◆ WORK ITEM ◆
Your task is to copy the lines of the data below from the line holding "filename src/Controllers/Concurrent.antt" through the line holding "(c d : Controller)", inclusive, exactly and with nothing added.

◆ DATA PROVIDED ◆
* * * * *

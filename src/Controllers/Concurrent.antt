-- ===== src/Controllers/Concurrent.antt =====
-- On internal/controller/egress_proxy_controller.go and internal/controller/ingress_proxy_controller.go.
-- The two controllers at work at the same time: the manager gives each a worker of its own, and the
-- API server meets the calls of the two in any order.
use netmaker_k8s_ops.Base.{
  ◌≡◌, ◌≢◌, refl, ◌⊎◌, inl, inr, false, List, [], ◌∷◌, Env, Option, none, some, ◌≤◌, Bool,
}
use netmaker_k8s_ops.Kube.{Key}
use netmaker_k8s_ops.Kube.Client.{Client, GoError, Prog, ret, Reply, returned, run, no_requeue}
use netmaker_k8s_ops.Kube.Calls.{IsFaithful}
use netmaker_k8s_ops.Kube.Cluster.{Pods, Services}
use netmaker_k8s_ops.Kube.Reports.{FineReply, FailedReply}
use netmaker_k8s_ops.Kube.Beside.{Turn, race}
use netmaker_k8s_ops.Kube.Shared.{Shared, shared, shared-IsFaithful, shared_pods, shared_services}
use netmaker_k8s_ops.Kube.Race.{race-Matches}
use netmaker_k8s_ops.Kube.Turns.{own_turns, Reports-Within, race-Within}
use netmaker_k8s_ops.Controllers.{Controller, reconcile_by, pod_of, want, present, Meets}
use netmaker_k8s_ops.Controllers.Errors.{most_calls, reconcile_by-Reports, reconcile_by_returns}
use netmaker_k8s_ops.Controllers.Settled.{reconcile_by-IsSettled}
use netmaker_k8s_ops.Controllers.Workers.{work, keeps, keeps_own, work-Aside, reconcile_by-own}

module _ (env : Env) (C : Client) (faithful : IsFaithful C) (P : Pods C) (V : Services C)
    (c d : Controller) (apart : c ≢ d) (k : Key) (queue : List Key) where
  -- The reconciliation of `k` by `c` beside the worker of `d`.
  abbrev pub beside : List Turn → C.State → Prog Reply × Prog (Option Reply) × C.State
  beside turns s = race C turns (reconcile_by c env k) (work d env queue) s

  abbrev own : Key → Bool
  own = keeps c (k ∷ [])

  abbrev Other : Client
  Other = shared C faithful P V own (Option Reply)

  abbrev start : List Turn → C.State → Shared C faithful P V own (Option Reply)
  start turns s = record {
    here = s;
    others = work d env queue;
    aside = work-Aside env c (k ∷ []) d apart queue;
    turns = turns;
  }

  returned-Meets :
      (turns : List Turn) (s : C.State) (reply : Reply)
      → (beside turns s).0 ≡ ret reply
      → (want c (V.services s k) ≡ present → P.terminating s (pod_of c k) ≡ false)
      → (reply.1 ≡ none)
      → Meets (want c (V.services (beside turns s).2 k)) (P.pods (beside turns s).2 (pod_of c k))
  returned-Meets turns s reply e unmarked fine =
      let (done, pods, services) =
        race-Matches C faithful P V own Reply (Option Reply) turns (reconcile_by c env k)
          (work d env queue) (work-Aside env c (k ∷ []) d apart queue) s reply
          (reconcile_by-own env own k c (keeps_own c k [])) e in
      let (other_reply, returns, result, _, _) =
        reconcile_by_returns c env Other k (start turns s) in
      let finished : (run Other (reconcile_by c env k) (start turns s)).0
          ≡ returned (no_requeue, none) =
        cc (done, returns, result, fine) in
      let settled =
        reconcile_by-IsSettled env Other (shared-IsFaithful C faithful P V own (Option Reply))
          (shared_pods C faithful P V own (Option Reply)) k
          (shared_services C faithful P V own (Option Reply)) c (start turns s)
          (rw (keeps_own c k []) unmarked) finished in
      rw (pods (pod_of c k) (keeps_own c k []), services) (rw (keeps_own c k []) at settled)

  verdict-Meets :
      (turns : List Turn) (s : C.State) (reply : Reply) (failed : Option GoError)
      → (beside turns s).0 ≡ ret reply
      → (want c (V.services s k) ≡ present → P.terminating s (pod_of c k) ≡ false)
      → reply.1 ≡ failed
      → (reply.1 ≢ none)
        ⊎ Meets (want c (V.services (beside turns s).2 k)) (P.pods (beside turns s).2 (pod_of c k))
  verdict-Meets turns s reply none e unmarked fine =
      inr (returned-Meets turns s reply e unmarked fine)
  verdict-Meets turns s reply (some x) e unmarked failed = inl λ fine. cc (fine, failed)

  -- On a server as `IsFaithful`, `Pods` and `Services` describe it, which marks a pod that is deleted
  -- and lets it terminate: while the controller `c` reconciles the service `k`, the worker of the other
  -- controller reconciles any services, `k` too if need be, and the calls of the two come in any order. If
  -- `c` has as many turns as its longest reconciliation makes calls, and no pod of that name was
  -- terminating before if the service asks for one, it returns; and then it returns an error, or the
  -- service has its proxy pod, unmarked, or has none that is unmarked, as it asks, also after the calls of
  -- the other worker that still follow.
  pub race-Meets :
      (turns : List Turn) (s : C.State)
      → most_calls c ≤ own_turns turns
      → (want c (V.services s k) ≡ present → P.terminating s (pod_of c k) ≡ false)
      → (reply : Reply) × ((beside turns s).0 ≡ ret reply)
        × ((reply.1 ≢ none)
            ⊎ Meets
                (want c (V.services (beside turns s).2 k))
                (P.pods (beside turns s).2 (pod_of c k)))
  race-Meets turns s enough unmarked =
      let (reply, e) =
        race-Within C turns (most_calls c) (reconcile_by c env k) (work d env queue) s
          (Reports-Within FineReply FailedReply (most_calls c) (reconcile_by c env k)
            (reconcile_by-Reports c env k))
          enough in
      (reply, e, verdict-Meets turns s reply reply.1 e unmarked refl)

* * * * *

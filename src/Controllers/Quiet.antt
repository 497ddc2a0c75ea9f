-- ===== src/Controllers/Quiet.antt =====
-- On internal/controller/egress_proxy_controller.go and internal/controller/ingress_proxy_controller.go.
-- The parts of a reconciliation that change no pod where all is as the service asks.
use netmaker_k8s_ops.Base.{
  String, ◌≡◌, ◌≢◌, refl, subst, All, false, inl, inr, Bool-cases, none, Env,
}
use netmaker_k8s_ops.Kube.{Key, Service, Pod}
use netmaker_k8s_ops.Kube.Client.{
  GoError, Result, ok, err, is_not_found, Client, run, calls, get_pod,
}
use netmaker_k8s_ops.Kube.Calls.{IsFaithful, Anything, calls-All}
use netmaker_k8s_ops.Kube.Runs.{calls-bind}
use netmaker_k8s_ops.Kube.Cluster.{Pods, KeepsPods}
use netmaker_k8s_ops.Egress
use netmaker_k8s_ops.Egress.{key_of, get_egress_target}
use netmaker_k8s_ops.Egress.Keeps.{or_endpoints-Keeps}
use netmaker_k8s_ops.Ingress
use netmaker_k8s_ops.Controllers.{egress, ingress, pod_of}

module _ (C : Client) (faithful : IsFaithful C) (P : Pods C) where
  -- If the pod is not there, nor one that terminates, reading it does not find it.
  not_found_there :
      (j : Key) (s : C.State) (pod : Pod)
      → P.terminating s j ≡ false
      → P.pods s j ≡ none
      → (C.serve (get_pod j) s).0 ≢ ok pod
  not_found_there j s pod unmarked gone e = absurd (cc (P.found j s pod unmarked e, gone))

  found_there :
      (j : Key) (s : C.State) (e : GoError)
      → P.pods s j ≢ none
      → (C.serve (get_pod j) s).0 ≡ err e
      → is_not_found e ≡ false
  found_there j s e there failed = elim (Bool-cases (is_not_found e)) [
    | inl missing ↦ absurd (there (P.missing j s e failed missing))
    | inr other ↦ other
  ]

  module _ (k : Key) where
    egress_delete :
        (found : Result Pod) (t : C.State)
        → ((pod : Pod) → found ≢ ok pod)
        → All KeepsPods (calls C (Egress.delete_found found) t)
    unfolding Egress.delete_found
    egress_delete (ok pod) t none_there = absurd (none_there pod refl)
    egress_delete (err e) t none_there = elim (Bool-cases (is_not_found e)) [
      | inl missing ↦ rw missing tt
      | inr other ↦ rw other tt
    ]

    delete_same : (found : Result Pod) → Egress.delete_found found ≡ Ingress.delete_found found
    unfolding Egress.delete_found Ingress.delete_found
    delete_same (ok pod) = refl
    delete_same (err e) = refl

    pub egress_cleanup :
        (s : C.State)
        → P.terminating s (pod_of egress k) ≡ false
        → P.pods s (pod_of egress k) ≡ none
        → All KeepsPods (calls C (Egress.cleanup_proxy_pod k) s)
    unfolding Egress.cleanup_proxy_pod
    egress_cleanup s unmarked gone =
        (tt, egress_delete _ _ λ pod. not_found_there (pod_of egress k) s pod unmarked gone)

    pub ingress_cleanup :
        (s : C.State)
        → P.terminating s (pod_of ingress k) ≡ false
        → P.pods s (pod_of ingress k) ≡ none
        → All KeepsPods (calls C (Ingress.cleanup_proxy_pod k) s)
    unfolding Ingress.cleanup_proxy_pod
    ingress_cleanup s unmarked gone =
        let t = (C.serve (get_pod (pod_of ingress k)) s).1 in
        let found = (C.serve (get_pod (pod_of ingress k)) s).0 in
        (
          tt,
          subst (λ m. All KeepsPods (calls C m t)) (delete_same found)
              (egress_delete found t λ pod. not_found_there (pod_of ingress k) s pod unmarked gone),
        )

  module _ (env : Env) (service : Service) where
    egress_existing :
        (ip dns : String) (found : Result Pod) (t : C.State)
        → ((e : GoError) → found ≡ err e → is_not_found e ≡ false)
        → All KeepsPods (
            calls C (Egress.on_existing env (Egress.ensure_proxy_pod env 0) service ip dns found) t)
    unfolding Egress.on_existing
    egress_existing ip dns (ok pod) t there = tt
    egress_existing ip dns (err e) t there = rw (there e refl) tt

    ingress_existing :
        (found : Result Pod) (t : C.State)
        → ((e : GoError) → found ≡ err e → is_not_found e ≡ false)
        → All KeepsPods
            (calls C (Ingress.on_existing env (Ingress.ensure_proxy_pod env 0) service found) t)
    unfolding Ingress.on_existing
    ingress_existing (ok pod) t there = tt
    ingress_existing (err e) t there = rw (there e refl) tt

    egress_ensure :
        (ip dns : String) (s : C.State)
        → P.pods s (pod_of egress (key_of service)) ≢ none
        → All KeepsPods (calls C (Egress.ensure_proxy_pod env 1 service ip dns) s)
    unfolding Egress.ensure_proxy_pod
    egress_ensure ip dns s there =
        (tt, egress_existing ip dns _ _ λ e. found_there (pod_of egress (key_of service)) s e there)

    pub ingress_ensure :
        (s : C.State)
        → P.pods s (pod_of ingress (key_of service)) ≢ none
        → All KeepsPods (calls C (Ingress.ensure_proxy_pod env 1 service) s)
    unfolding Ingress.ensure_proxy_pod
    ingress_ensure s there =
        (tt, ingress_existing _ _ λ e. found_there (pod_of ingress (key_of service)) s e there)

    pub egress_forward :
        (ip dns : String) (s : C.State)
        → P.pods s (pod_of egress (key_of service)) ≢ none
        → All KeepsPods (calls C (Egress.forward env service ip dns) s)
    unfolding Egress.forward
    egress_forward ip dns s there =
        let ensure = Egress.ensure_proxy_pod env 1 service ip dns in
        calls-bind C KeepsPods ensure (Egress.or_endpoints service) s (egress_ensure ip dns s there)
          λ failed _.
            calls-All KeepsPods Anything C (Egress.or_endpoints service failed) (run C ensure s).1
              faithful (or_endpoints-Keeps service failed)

* * * * *

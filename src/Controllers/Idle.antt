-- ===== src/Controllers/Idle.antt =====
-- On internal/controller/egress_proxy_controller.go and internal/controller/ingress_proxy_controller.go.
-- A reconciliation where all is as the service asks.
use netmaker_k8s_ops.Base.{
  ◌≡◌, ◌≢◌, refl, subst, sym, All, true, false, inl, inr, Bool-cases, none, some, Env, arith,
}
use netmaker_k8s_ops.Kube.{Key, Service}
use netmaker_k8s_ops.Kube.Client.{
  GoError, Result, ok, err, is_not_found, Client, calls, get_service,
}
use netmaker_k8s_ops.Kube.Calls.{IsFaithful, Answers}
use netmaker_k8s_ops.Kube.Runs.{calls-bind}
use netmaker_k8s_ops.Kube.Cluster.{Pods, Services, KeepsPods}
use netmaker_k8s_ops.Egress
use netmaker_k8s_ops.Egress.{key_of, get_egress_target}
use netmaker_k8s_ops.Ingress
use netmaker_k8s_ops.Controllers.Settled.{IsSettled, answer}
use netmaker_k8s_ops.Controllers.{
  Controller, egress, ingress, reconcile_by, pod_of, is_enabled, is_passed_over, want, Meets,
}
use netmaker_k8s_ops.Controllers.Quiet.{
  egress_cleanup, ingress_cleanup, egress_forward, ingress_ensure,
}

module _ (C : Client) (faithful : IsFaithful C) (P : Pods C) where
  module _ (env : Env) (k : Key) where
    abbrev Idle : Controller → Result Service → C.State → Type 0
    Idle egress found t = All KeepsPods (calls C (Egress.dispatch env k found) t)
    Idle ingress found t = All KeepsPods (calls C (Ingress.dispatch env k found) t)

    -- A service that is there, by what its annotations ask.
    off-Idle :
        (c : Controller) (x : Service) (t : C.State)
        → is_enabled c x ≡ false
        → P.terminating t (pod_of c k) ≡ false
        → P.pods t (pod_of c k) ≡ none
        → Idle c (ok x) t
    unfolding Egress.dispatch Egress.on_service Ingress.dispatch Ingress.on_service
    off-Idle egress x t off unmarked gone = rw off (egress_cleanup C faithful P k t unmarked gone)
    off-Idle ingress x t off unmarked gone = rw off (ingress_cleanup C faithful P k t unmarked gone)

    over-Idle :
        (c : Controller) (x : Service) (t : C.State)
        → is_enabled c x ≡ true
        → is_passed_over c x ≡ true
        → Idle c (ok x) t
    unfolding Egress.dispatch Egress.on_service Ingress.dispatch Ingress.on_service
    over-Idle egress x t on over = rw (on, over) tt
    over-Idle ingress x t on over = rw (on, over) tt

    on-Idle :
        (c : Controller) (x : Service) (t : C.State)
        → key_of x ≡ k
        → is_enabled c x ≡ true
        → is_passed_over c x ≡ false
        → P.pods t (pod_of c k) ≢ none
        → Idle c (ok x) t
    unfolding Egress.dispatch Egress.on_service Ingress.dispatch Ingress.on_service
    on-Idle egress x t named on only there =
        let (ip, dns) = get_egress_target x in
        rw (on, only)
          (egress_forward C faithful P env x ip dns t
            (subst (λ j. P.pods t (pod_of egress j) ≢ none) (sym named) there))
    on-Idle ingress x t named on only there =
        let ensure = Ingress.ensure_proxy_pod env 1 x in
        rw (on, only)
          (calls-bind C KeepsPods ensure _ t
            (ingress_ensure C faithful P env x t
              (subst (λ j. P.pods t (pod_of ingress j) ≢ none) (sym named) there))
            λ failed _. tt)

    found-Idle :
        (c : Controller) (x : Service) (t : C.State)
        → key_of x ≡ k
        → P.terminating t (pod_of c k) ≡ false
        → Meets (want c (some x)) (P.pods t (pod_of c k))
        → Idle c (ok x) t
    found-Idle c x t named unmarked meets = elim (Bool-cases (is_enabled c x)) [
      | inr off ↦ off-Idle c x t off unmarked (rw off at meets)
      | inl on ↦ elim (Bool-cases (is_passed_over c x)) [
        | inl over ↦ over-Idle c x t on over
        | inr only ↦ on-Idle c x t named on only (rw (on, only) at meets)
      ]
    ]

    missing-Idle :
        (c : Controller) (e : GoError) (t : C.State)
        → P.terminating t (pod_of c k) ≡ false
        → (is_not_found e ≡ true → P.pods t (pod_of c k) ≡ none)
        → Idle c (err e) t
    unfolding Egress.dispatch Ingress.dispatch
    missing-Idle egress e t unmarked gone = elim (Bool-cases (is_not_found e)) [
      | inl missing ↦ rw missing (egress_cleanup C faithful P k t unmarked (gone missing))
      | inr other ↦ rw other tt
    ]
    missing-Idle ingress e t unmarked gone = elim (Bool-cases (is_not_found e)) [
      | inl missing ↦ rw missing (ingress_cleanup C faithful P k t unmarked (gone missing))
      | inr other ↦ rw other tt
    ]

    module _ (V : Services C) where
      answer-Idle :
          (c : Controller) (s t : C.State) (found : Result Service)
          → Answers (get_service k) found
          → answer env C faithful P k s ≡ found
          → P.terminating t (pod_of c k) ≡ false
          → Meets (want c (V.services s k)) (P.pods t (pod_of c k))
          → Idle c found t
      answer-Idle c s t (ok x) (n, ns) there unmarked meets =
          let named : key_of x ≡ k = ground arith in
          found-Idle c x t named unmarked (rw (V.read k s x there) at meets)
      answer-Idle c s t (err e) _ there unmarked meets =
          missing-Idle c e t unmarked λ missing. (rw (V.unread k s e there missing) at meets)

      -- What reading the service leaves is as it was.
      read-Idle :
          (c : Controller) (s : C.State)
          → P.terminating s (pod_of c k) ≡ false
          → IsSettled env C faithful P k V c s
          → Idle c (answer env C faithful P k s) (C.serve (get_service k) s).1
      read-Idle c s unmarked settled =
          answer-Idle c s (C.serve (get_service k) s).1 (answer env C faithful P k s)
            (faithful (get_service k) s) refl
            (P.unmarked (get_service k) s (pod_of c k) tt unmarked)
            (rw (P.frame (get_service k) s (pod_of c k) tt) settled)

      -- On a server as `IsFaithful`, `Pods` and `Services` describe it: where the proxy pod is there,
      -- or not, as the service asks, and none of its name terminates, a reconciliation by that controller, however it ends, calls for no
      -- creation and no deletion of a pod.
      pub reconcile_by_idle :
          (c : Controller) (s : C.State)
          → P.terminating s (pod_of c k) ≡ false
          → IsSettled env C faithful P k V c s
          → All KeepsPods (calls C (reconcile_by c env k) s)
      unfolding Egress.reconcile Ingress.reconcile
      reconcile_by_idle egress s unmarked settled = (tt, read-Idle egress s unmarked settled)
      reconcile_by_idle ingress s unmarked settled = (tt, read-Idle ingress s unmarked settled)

* * * * *

◆ TASK OUTPUT ◆
filename src/Controllers/Concurrent.antt
-- ===== src/Controllers/Concurrent.antt =====
-- On internal/controller/egress_proxy_controller.go and internal/controller/ingress_proxy_controller.go.
-- The two controllers at work at the same time: the manager gives each a worker of its own, and the
-- API server meets the calls of the two in any order.
use netmaker_k8s_ops.Base.{
  ◌≡◌, ◌≢◌, refl, ◌⊎◌, inl, inr, false, List, [], ◌∷◌, Env, Option, none, some, ◌≤◌, Bool,
}
use netmaker_k8s_ops.Kube.{Key}
use netmaker_k8s_ops.Kube.Client.{Client, GoError, Prog, ret, Reply, returned, run, no_requeue}
use netmaker_k8s_ops.Kube.Calls.{IsFaithful}
use netmaker_k8s_ops.Kube.Cluster.{Pods, Services}
use netmaker_k8s_ops.Kube.Reports.{FineReply, FailedReply}
use netmaker_k8s_ops.Kube.Beside.{Turn, race}
use netmaker_k8s_ops.Kube.Shared.{Shared, shared, shared-IsFaithful, shared_pods, shared_services}
use netmaker_k8s_ops.Kube.Race.{race-Matches}
use netmaker_k8s_ops.Kube.Turns.{own_turns, Reports-Within, race-Within}
use netmaker_k8s_ops.Controllers.{Controller, reconcile_by, pod_of, want, present, Meets}
use netmaker_k8s_ops.Controllers.Errors.{most_calls, reconcile_by-Reports, reconcile_by_returns}
use netmaker_k8s_ops.Controllers.Settled.{reconcile_by-IsSettled}
use netmaker_k8s_ops.Controllers.Workers.{work, keeps, keeps_own, work-Aside, reconcile_by-own}

module _ (env : Env) (C : Client) (faithful : IsFaithful C) (P : Pods C) (V : Services C)
    (c d : Controller) (apart : c ≢ d) (k : Key) (queue : List Key) where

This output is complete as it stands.